Please help me ASAP!!! I HAVE NO IDEA HOW TO DO THIS!!!!
John, Rick, and Molli can paint a room working together in 6 hours. Alone, John can paint the room in
12 hours. If Rick works alone, he can paint the room in 15 hours. Write an equation comparing the
group rate to the sum of the individual rates. Then find how long it will take Molli to paint the room if
working alone.
a. What is the equation?
b. What is the lowest common denominator for the equation in part a?
c. Show all work below in solving equation from part a.
John's rate = 1/12
Rick's rate = 1/15
Molly's rate = 1/x
cominged rate = 1/12 + 1/15 + 1/x
= (5x + 4x + 60)/60x
so 1 / ( (5x + 4x + 60)/60x ) = 6
60x/(9x + 60) = 6
54x + 360 = 60x
x = 60
Molly's cand do the room in 60 hours by herself
check: 1/12 + 1/15 + 1/60 = 1/6 , as needed
THANK YOU SO MUCH!!!!!
a. 1/T1 + 1/T2 + 1/T3 = 1/6,
1/12 + 1/15 + 1/T3 = 1/6.
b. LCD = 60.
c. 1/12 + 1/15 + 1/T3 = 1/6,
1/T3 = 1/6 - 1/12 - 1/15,
1/T3 = 10/60 - 5/60 - 4/60 = 1/60,
T3 = 60 hrs. = Molli's time.
Thank you!:-)
a. The equation comparing the group rate to the sum of the individual rates is:
1/6 = 1/12 + 1/15 + 1/x, where x represents the time taken by Molli alone.

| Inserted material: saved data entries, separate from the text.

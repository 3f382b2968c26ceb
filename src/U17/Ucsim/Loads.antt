-- ===== src/U17/Ucsim/Loads.antt =====
-- A reader of Intel HEX files, written from the format, and that it reads back what `ihex` writes.
use sc_adat_appliance.Base.{
  ℕ, zero, suc, ◌+◌, ◌*◌, ◌/◌, ◌%◌, ◌≤◌, ◌<◌, ◌≡◌, ◌≢◌, refl, sym, ap, ◌∙◌, inl, inr, Bool, true,
  false, ◌&&◌, Option, none, some, List, [], ◌∷◌, ◌++◌, ◌==◌, leb, if◌then◌else◌, Bool-cases,
  length, take, drop, length-append, length-take, length-drop, take_all, drop_all, take-append_le,
  take-append-drop, append-nil, All, All-append, All-take, All-drop, arith,
}
use sc_adat_appliance.Base.Bytes.{sum, sum-append, IsByte, AllBytes}
use sc_adat_appliance.Base.Hex.{
  hex2, hex_upper, read_hex, read_hex-hex_upper, hex_upper-ne, hex_upper-append,
}
use sc_adat_appliance.Base.Text.{Text}
use sc_adat_appliance.U17.Ucsim.{
  record_of, check_byte, record_line, record_lines, with_breaks, end_line, ihex,
}

-- The lines of a text, each ended by a line break.
abbrev prepend : ℕ → List Text → List Text
prepend c [] = (c ∷ []) ∷ []
prepend c (t ∷ ts) = (c ∷ t) ∷ ts

split_lines : Text → List Text
split_lines [] = []
split_lines (c ∷ cs) = if c == 10 then [] ∷ split_lines cs else prepend c (split_lines cs)

abbrev if_zero_sum : Option (List ℕ) → Option (List ℕ)
if_zero_sum none = none
if_zero_sum (some bytes) = if sum bytes % 256 == 0 then some bytes else none

-- The bytes of a record: digit pairs behind a colon, whose sum is 0 modulo 256.
record_bytes : Text → Option (List ℕ)
unfolding read_hex sum
record_bytes [] = none
record_bytes (c ∷ cs) = if c == 58 then if_zero_sum (read_hex cs) else none

abbrev followed : List ℕ → Option (List ℕ) → Option (List ℕ)
followed payload none = none
followed payload (some rest) = some (payload ++ rest)

-- A data record stands at the address that is next; an end record ends the file.
abbrev place : ℕ → List ℕ → Bool → (ℕ → Option (List ℕ)) → Option (List ℕ)
place next (count ∷ hi ∷ lo ∷ kind ∷ rest) last later =
    if kind == 1
    then (if last then some [] else none)
    else if kind == 0 && hi * 256 + lo == next && length rest == suc count
    then followed (take count rest) (later count)
    else none
place next _ last later = none

abbrev place_line : ℕ → Option (List ℕ) → Bool → (ℕ → Option (List ℕ)) → Option (List ℕ)
place_line next none last later = none
place_line next (some bytes) last later = place next bytes last later

abbrev is_empty : List Text → Bool
is_empty [] = true
is_empty (t ∷ ts) = false

load_lines : ℕ → List Text → Option (List ℕ)
unfolding record_bytes take
load_lines next [] = none
load_lines next (t ∷ ts) =
    place_line next (record_bytes t) (is_empty ts) (λ n. load_lines (next + n) ts)

-- The bytes that the file lays from address 0 on without a gap.
pub load_hex : Text → Option (List ℕ)
unfolding split_lines load_lines
load_hex text = load_lines 0 (split_lines text)

split_lines-append :
    (t rest : Text) → All (λ c. c ≢ 10) t → split_lines (t ++ 10 ∷ rest) ≡ t ∷ split_lines rest
unfolding split_lines
split_lines-append [] rest h = refl
split_lines-append (c ∷ t) rest h =
    let other : (c == 10) ≡ false = ground (arith, h.0) in
    rw (other, split_lines-append t rest h.1) refl

-- Lines without breaks come back.
split_lines-with_breaks :
    (t : Text) (ts : List Text)
    → All (All (λ c. c ≢ 10)) (t ∷ ts)
    → split_lines (with_breaks (t ∷ ts)) ≡ t ∷ ts
unfolding with_breaks
split_lines-with_breaks t [] h =
    split_lines-append t [] h.0 ∙ ap (λ (x : List Text). t ∷ x) (unfold split_lines in refl)
split_lines-with_breaks t (s ∷ ts) h =
    split_lines-append t (with_breaks (s ∷ ts)) h.0
    ∙ ap (λ (x : List Text). t ∷ x) (split_lines-with_breaks s ts h.1)

check_byte-lt : (bytes : List ℕ) → check_byte bytes < 256
unfolding check_byte
check_byte-lt bytes = omega arith

check_byte-sum : (bytes : List ℕ) → sum (bytes ++ check_byte bytes ∷ []) % 256 ≡ 0
check_byte-sum bytes = rw sum-append (unfold check_byte sum in omega arith)

record_bytes-record_line :
    (bytes : List ℕ)
    → AllBytes bytes
    → record_bytes (record_line bytes) ≡ some (bytes ++ check_byte bytes ∷ [])
unfolding record_bytes record_line hex_upper
record_bytes-record_line bytes h =
    let whole : hex_upper bytes ++ hex2 (check_byte bytes)
        ≡ hex_upper (bytes ++ check_byte bytes ∷ []) =
      sym (hex_upper-append bytes (check_byte bytes ∷ [])) in
    let bytes_all : AllBytes (bytes ++ check_byte bytes ∷ []) =
      All-append IsByte bytes (check_byte bytes ∷ []) h (check_byte-lt bytes, tt) in
    rw (whole, read_hex-hex_upper (bytes ++ check_byte bytes ∷ []) bytes_all, check_byte-sum bytes)
      refl

place-record_of :
    (address : ℕ) (chunk : List ℕ) (check : ℕ) (last : Bool) (later : ℕ → Option (List ℕ))
    → address < 0x10000
    → place address (record_of address chunk ++ check ∷ []) last later
      ≡ followed chunk (later (length chunk))
unfolding record_of
place-record_of address chunk check last later h =
    let here : (address / 256 % 256 * 256 + address % 256 == address) ≡ true = ground arith in
    let size : (length (chunk ++ check ∷ []) == suc (length chunk)) ≡ true =
      ground (arith, length-append chunk (check ∷ [])) in
    let payload : take (length chunk) (chunk ++ check ∷ []) ≡ chunk =
      take-append_le (length chunk) chunk (check ∷ []) (omega arith)
      ∙ take_all (length chunk) chunk (omega arith) in
    rw (here, size, payload) refl

AllBytes-record_of :
    (address : ℕ) (chunk : List ℕ)
    → length chunk ≤ 16
    → AllBytes chunk
    → AllBytes (record_of address chunk)
unfolding record_of
AllBytes-record_of address chunk h k = (omega arith, (omega arith, (omega arith, (omega arith, k))))

load_lines-end : (next : ℕ) → load_lines next (end_line ∷ []) ≡ some []
unfolding load_lines
load_lines-end next = refl

load_lines-record :
    (next : ℕ) (chunk : List ℕ) (ts : List Text)
    → next < 0x10000
    → length chunk ≤ 16
    → AllBytes chunk
    → load_lines next (record_line (record_of next chunk) ∷ ts)
      ≡ followed chunk (load_lines (next + length chunk) ts)
unfolding load_lines
load_lines-record next chunk ts lt short bytes =
    let line =
      record_bytes-record_line (record_of next chunk) (AllBytes-record_of next chunk short bytes) in
    rw (load_lines, line)
      (place-record_of next chunk (check_byte (record_of next chunk)) (is_empty ts)
        (λ n. load_lines (next + n) ts) lt)

load_lines-record_lines :
    (fuel next : ℕ) (bytes : List ℕ)
    → length bytes ≤ fuel
    → next + length bytes ≤ 0x10000
    → AllBytes bytes
    → load_lines next (record_lines fuel next bytes ++ end_line ∷ []) ≡ some bytes
unfolding record_lines
load_lines-record_lines zero next [] f le h = load_lines-end next
load_lines-record_lines (suc fuel) next [] f le h = load_lines-end next
load_lines-record_lines zero next (b ∷ bs) f le h = absurd (omega arith)
load_lines-record_lines (suc fuel) next (b ∷ bs) f le h =
    let bytes = b ∷ bs in
    let chunk = take 16 bytes in
    let rest = drop 16 bytes in
    let size = length-take 16 bytes in
    let left = length-drop 16 bytes in
    let lines = record_lines fuel (next + 16) rest ++ end_line ∷ [] in
    let first =
      load_lines-record next chunk lines (omega arith) (omega (arith, size))
        (All-take IsByte 16 bytes h) in
    let joined : chunk ++ rest ≡ bytes = take-append-drop 16 bytes in
    elim (Bool-cases (leb 16 (length bytes))) [
      | inl long ↦
          let sixteen : length chunk ≡ 16 = ground (arith, size) in
          let ih =
            load_lines-record_lines fuel (next + 16) rest (omega (arith, left))
              (ground (arith, left)) (All-drop IsByte 16 bytes h) in
          first ∙ rw (sixteen, ih) (ap (λ (x : List ℕ). some x) joined)
      | inr short ↦
          let none_left : rest ≡ [] = drop_all 16 bytes (ground arith) in
          let all : chunk ≡ bytes = take_all 16 bytes (ground arith) in
          first ∙ rw (none_left, all) (last fuel (next + 16) (next + length bytes) bytes)
    ]
  where
    last :
        (fuel address next : ℕ) (bytes : List ℕ)
        → followed bytes (load_lines next (record_lines fuel address [] ++ end_line ∷ []))
          ≡ some bytes
    last zero address next bytes =
        rw (load_lines-end next) (ap (λ (x : List ℕ). some x) (append-nil bytes))
    last (suc fuel) address next bytes =
        rw (load_lines-end next) (ap (λ (x : List ℕ). some x) (append-nil bytes))

abbrev Unbroken : Text → Type 0
Unbroken = All (λ c. c ≢ 10)

record_line-Unbroken : (bytes : List ℕ) → Unbroken (record_line bytes)
unfolding record_line hex_upper
record_line-Unbroken bytes = (
  omega arith,
  All-append (λ c. c ≢ 10) (hex_upper bytes) (hex2 (check_byte bytes)) (hex_upper-ne bytes)
      (hex_upper-ne (check_byte bytes ∷ [])),
)

record_lines-Unbroken :
    (fuel address : ℕ) (bytes : List ℕ)
    → All Unbroken (record_lines fuel address bytes ++ end_line ∷ [])
unfolding record_lines
record_lines-Unbroken zero address [] = omega arith
record_lines-Unbroken (suc fuel) address [] = omega arith
record_lines-Unbroken zero address (b ∷ bs) = omega arith
record_lines-Unbroken (suc fuel) address (b ∷ bs) = (
  record_line-Unbroken (record_of address (take 16 (b ∷ bs))),
  record_lines-Unbroken fuel (address + 16) (drop 16 (b ∷ bs)),
)

split_lines-lines :
    (lines : List Text)
    → All Unbroken (lines ++ end_line ∷ [])
    → split_lines (with_breaks (lines ++ end_line ∷ [])) ≡ lines ++ end_line ∷ []
split_lines-lines [] h = split_lines-with_breaks end_line [] h
split_lines-lines (t ∷ ts) h = split_lines-with_breaks t (ts ++ end_line ∷ []) h

-- The file that `ihex` writes for up to 0x10000 bytes is an Intel HEX file: each record has its
-- checksum and stands at the next address, and the reader lays the same bytes.
pub load_hex-ihex :
    (bytes : List ℕ) → length bytes ≤ 0x10000 → AllBytes bytes → load_hex (ihex bytes) ≡ some bytes
unfolding load_hex ihex
load_hex-ihex bytes le h =
    ap (load_lines 0) (
      split_lines-lines (record_lines (length bytes) 0 bytes)
        (record_lines-Unbroken (length bytes) 0 bytes))
    ∙ load_lines-record_lines (length bytes) 0 bytes (omega arith) (omega arith) h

b. To find the lowest common denominator for this equation, you need to determine the least common multiple (LCM) of 12 and 15. The LCM of 12 and 15 is 60.
c. To solve the equation, let's first convert the individual rates' fractions to have a denominator of 60:
1/6 = 5/60 + 4/60 + 1/60
1/6 = 10/60 + 8/60 + 1/60
Next, combine the fractions:
1/6 = (10 + 8 + 1)/60
1/6 = 19/60
To isolate Molli's rate, subtract the combined rates of John and Rick from the group rate:
19/60 - (10/60 + 8/60) = 19/60 - 18/60 = 1/60
This means that Molli can paint the room alone in 60 hours.

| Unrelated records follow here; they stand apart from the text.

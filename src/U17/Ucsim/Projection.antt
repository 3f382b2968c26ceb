-- ===== src/U17/Ucsim/Projection.antt =====
-- The projected path is the one that the emulated startup check ends in.
use sc_adat_appliance.Base.{ℕ, ◌%◌, ◌<◌, ◌≡◌, refl, sym, ◌∙◌, List, length, take, arith}
use sc_adat_appliance.Base.Bytes.{sum, same, complement16, from_big, to_big, AllBytes}
use sc_adat_appliance.Base.Result.{ok}
use sc_adat_appliance.U17.Image.{checksum, stored}
use sc_adat_appliance.U17.Emulator.{Report, startup_validation}
use sc_adat_appliance.U17.Emulator.Startup.{expected_path, startup-final_path, Pair-at}
use sc_adat_appliance.U17.Ucsim.{projected_path}

-- The complement of a sum is that of its low sixteen bits.
complement16-mod : (n : ℕ) → complement16 (n % 0x10000) ≡ complement16 n
unfolding complement16
complement16-mod n = omega arith

complement16-lt : (n : ℕ) → complement16 n < 0x10000
unfolding complement16
complement16-lt n = omega arith

projected-expected :
    (image : List ℕ)
    → length image ≡ 0x8000
    → AllBytes image
    → projected_path image ≡ expected_path image
unfolding projected_path stored checksum from_big same to_big
projected-expected image len bytes =
    let p = Pair-at image len bytes 0x7DFE 0x7E00 (omega arith) refl in
    let q = Pair-at image len bytes 0x7DFC 0x7DFE (omega arith) refl in
    rw (p.both, q.both, complement16-mod (sum (take 0x7DFD image)))
      (ground (arith, p.hi_byte, p.lo_byte, complement16-lt (sum (take 0x7DFD image))))

-- On an image of 0x8000 bytes the emulated startup check returns, and ends in the projected path.
pub projected_path-startup :
    (image : List ℕ)
    → length image ≡ 0x8000
    → AllBytes image
    → (r : Report) × (startup_validation image ≡ ok r) × (projected_path image ≡ r.final_path)
projected_path-startup image len bytes =
    let (r, runs, path) = startup-final_path image len bytes in
    (r, runs, projected-expected image len bytes ∙ sym path)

So, Molli takes 60 hours to paint the room by herself.
a. To write the equation comparing the group rate to the sum of the individual rates, we can use the concept of "work done per unit of time".
Let's denote the rate at which John, Rick, and Molli can paint the room together as JRM (Group rate). The rate at which John can paint the room alone is J, and the rate at which Rick can paint the room alone is R. We want to find the rate at which Molli can paint the room alone, denoted as M.

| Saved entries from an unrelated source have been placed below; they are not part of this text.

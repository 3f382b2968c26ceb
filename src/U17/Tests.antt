-- ===== src/U17/Tests.antt =====
-- Runs of the U17 tools, and the theorems about them at concrete inputs.
use sc_adat_appliance.Base.{
  ℕ, ◌≡◌, ◌≢◌, ◌++◌, refl, some, List, [], ◌∷◌, arith, length, drop, take, slice, replicate,
  length-replicate, All-replicate, ◌==◌, if◌then◌else◌,
}
use sc_adat_appliance.Base.Bytes.{AllBytes, IsByte, same, sum, to_big}
use sc_adat_appliance.Base.Hex.{hex_upper}
use sc_adat_appliance.Base.Result.{ok, err}
use sc_adat_appliance.Base.Text.{codes}
use sc_adat_appliance.U17.Ucsim.{ihex, projected_path}
use sc_adat_appliance.U17.Ucsim.Loads.{load_hex, load_hex-ihex}
use sc_adat_appliance.U17.Ucsim.Projection.{projected_path-startup}
use sc_adat_appliance.U17.Image.{build, validate, checksum}
use sc_adat_appliance.U17.Image.Build.{validate-build}
use sc_adat_appliance.U17.Emulator.{
  Checksum, Report, checksum_037c, startup_validation, marker_wait, checksum_good,
}
use sc_adat_appliance.U17.Emulator.Startup.{expected_path, startup-final_path, startup-build}
use sc_adat_appliance.U17.Independent.{complemented_sum}
use sc_adat_appliance.U17.Independent.Agreement.{transcriptions_agree}
use sc_adat_appliance.U17.Loader.{LoadPlan, make_plan}
use sc_adat_appliance.U17.Loader.Cover.{joined, Laid, make_plan-Laid}
use sc_adat_appliance.U17.Service.{simulate}
use sc_adat_appliance.U17.Service.Transfer.{IsService, written, transfer_completes}
use sc_adat_appliance.U17.Capture.{
  Record, Stamped, rx, tx, encode, direction_byte, write, write_all, record_session, read_one,
  read_from, read_capture, decode_capture, magic, out_of_fuel,
}
use sc_adat_appliance.U17.Capture.RoundTrip.{read_capture-record_session}
use sc_adat_appliance.U17.Capture.Total.{read_capture_total}
use sc_adat_appliance.U17.Capture.Decode.{events_of, decode_capture-record_session}

abbrev payload : List ℕ
payload = 0x02 ∷ 0x80 ∷ 0x00 ∷ []

abbrev template : List ℕ
template = replicate 0x8000 0xFF

template_size : length template ≡ 0x8000
template_size = length-replicate 0x8000 0xFF

template-AllBytes : AllBytes template
template-AllBytes = All-replicate IsByte 0x8000 0xFF (omega arith)

validate-build_example :
    (image : List ℕ) × (build payload template ≡ ok image)
    × (validate image ≡ [])
    × (slice 0 3 image ≡ payload)
    × (drop 0x7E00 image ≡ drop 0x7E00 template)
validate-build_example = validate-build payload template (omega arith) template_size

startup-final_path_example :
    (r : Report) × (startup_validation template ≡ ok r) × (r.final_path ≡ expected_path template)
startup-final_path_example = startup-final_path template template_size template-AllBytes

startup-build_example :
    (image : List ℕ) × (r : Report) × (build payload template ≡ ok image)
    × (startup_validation image ≡ ok r)
    × (r.final_path ≡ (if checksum image == 0xAA55 then marker_wait else checksum_good))
startup-build_example =
    startup-build payload template (omega arith) template_size (omega arith) template-AllBytes

transcriptions_agree_example :
    (c : Checksum) × (checksum_037c template ≡ ok c)
    × (complemented_sum template ≡ ok c.complement)
    × (c.complement ≡ checksum template)
transcriptions_agree_example = transcriptions_agree template template_size template-AllBytes

make_plan-Laid_example :
    (plan : LoadPlan) × (make_plan payload 0x80 ≡ ok plan)
    × (joined plan.blocks ≡ payload)
    × Laid 0 0x8000 plan.blocks
make_plan-Laid_example = make_plan-Laid payload (omega arith) (omega arith)

block_count-IsService : IsService 0x28 3
block_count-IsService = ground arith

transfer_completes_example :
    let (events, state, count) = simulate 0 0 (0x02 ∷ 3 ∷ 0x06 ∷ 0x10 ∷ 0xAB ∷ 0xCD ∷ []) in
    (state ≡ 0) × (count ≡ 0) × (written events ≡ 0xAB ∷ 0xCD ∷ [])
transfer_completes_example =
    transfer_completes 3 0x10 0 (0xAB ∷ 0xCD ∷ []) (omega arith) (omega arith) (omega arith) refl

abbrev session : List Record
session =
    record { timestamp = 5; direction = rx; payload = 0x02 ∷ [] }
    ∷ record { timestamp = 6; direction = tx; payload = [] }
    ∷ record { timestamp = 7; direction = tx; payload = 0x03 ∷ [] }
    ∷ record { timestamp = 8; direction = rx; payload = 0x01 ∷ 0x06 ∷ [] }
    ∷ []

abbrev session_file : List ℕ
session_file =
    0x55 ∷ 0x31 ∷ 0x37 ∷ 0x43 ∷ 0x41 ∷ 0x50 ∷ 0x31 ∷ 0x0A ∷ 0 ∷ 0 ∷ 0 ∷ 0 ∷ 0 ∷ 0 ∷ 0 ∷ 5 ∷ 0 ∷ 0
    ∷ 0 ∷ 0 ∷ 1 ∷ 0x02 ∷ 0 ∷ 0 ∷ 0 ∷ 0 ∷ 0 ∷ 0 ∷ 0 ∷ 7 ∷ 1 ∷ 0 ∷ 0 ∷ 0 ∷ 1 ∷ 0x03 ∷ 0 ∷ 0 ∷ 0 ∷ 0
    ∷ 0 ∷ 0 ∷ 0 ∷ 8 ∷ 0 ∷ 0 ∷ 0 ∷ 0 ∷ 2 ∷ 0x01 ∷ 0x06 ∷ []

session_written : record_session session ≡ ok session_file
unfolding record_session write_all write encode to_big
session_written = refl

read_capture-record_session_example :
    read_capture session_file
    ≡ ok (
        record { timestamp = 5; direction = rx; payload = 0x02 ∷ [] }
        ∷ record { timestamp = 7; direction = tx; payload = 0x03 ∷ [] }
        ∷ record { timestamp = 8; direction = rx; payload = 0x01 ∷ 0x06 ∷ [] }
        ∷ [])
read_capture-record_session_example =
    read_capture-record_session session session_file session_written

decode_capture-record_session_example :
    (ss : List Stamped) × (decode_capture session_file ≡ ok ss)
    × (events_of ss ≡ (simulate 0 0 (0x02 ∷ 0x01 ∷ 0x06 ∷ [])).0)
decode_capture-record_session_example =
    decode_capture-record_session session session_file session_written

-- A header that is cut off is an error, not a silent end.
truncated : read_capture (take 12 session_file) ≡ err sc_adat_appliance.U17.Capture.truncated_header
unfolding read_capture read_from read_one slice take drop same
truncated = refl

-- A file that ends inside a record.
read_capture_total_example : read_capture (magic ++ 0 ∷ 1 ∷ []) ≢ err out_of_fuel
read_capture_total_example = read_capture_total (magic ++ 0 ∷ 1 ∷ [])

projected_path-startup_example :
    (r : Report) × (startup_validation template ≡ ok r) × (projected_path template ≡ r.final_path)
projected_path-startup_example = projected_path-startup template template_size template-AllBytes

-- Two records: sixteen bytes and two.
abbrev short_image : List ℕ
short_image =
    1 ∷ 2 ∷ 3 ∷ 4 ∷ 5 ∷ 6 ∷ 7 ∷ 8 ∷ 9 ∷ 10 ∷ 11 ∷ 12 ∷ 13 ∷ 14 ∷ 15 ∷ 16 ∷ 0xFE ∷ 0xFF ∷ []

ihex-short_image :
    ihex short_image
    ≡ codes ":100000000102030405060708090A0B0C0D0E0F1068"
      ++ (10 ∷ (codes ":02001000FEFFF1" ++ (10 ∷ (codes ":00000001FF" ++ 10 ∷ []))))
unfolding ihex sum take drop hex_upper
ihex-short_image = refl

load_hex-ihex_example : load_hex (ihex short_image) ≡ some short_image
load_hex-ihex_example = load_hex-ihex short_image (omega arith) (omega arith)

The equation comparing the group rate to the sum of the individual rates is:
JRM = J + R + M
b. To find the lowest common denominator for the equation in part a, we need to consider the fractions involved in the rates. Here, all the rates have a denominator of 1 since they represent hours per room. Therefore, the lowest common denominator is also 1.
c. To solve the equation from part a, we can use the given information.
Given:
JRM = J + R + M
JRM = 1/12 + 1/15 + M
To combine the fractions on the right side, we need a common denominator. The common denominator is the lowest common denominator, which is 1.
JRM = (15/180) + (12/180) + M
JRM = (27/180) + M
Now we can see that JRM is the reciprocal of 6. So, we can rewrite the equation as:
1/6 = (27/180) + M
To solve for M, we need to isolate it. Subtracting (27/180) from both sides, we get:
1/6 - (27/180) = M
Simplifying the left side of the equation:
30/180 - 27/180 = M
3/180 = M
The final step is to simplify the fraction:
M = 1/60
Therefore, it will take Molli 1/60 of an hour to paint the room alone.